TASK:
Report only how many lines in the listing below contain the string "from".

LISTED ENTRIES:
-- Opening Marker --

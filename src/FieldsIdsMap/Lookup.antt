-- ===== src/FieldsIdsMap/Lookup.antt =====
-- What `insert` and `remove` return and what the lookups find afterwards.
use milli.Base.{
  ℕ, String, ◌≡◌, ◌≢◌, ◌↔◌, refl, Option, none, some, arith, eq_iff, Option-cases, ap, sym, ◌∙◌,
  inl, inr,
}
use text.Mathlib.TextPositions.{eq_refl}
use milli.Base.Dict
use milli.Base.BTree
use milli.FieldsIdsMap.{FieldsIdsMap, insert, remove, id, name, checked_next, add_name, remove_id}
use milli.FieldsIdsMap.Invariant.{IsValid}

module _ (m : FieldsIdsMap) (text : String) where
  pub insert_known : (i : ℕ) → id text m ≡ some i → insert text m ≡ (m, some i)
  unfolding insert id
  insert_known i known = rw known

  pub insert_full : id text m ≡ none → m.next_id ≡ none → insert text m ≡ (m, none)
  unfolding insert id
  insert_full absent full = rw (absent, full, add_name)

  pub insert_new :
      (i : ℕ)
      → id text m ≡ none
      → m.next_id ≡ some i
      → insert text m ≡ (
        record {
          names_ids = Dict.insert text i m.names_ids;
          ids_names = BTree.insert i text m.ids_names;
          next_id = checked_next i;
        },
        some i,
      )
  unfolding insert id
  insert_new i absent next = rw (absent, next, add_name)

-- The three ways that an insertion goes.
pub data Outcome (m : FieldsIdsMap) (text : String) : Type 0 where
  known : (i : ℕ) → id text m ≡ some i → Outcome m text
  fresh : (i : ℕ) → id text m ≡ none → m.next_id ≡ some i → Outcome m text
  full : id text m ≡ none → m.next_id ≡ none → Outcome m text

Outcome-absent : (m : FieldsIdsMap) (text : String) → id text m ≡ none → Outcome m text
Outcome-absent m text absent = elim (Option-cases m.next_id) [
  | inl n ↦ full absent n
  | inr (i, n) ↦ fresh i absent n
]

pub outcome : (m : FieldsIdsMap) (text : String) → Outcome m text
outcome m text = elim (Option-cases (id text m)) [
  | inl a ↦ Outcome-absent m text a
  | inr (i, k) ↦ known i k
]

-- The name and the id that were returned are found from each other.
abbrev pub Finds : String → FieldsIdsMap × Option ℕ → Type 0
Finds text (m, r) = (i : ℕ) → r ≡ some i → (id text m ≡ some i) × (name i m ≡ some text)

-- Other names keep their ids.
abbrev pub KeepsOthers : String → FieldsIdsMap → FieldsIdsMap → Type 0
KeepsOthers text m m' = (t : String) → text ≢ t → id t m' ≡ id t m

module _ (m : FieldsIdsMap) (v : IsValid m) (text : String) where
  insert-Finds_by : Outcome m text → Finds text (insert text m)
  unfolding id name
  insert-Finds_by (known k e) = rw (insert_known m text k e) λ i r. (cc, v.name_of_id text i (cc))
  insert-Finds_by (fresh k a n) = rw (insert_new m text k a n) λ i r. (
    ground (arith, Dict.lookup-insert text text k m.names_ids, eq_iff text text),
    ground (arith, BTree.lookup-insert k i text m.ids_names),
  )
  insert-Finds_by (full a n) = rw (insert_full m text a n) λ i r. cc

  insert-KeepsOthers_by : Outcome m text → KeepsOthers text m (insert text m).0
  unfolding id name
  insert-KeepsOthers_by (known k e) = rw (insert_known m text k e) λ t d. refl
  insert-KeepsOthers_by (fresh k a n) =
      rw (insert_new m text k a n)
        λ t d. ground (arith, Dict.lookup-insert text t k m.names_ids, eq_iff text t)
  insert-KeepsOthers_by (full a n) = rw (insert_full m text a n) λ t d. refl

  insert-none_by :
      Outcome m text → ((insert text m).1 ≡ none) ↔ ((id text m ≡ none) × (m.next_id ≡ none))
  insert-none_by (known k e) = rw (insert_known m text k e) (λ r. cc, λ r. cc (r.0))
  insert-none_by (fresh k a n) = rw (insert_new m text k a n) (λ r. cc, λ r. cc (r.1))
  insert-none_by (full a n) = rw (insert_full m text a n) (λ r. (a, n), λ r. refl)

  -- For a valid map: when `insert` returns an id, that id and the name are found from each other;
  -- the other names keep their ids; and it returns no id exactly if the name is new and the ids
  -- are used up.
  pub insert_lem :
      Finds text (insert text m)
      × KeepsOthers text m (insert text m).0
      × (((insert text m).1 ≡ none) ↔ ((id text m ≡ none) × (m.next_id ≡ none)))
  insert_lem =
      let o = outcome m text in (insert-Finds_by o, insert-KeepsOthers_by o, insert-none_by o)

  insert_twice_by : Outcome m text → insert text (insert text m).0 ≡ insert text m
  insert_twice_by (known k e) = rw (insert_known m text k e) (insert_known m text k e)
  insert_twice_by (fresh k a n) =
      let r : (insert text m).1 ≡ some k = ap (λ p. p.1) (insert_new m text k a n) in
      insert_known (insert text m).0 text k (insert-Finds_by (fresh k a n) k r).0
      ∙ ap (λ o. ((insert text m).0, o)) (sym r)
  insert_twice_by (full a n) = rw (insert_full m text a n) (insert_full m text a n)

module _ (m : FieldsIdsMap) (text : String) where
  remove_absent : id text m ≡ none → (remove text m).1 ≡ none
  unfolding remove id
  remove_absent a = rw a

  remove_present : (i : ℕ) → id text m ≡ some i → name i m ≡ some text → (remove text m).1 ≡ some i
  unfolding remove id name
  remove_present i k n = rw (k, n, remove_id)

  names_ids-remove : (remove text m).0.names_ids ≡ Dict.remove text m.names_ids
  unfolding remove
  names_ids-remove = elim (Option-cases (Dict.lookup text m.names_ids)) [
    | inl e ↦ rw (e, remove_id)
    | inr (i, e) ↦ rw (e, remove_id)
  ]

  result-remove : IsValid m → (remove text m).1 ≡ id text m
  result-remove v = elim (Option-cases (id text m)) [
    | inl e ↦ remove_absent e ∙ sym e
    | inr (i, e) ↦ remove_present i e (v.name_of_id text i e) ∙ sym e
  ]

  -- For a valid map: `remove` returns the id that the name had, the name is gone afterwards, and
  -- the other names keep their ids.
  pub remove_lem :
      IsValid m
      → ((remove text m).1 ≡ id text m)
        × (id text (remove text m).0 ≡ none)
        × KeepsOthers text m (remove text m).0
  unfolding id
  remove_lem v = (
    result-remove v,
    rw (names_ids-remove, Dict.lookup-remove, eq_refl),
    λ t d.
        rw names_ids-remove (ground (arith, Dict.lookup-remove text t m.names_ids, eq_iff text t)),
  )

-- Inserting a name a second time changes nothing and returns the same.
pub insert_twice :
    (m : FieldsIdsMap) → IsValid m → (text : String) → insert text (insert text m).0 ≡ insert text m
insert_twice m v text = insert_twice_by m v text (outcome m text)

-- Closing Marker --

SOLUTION TO THIS PROBLEM:
2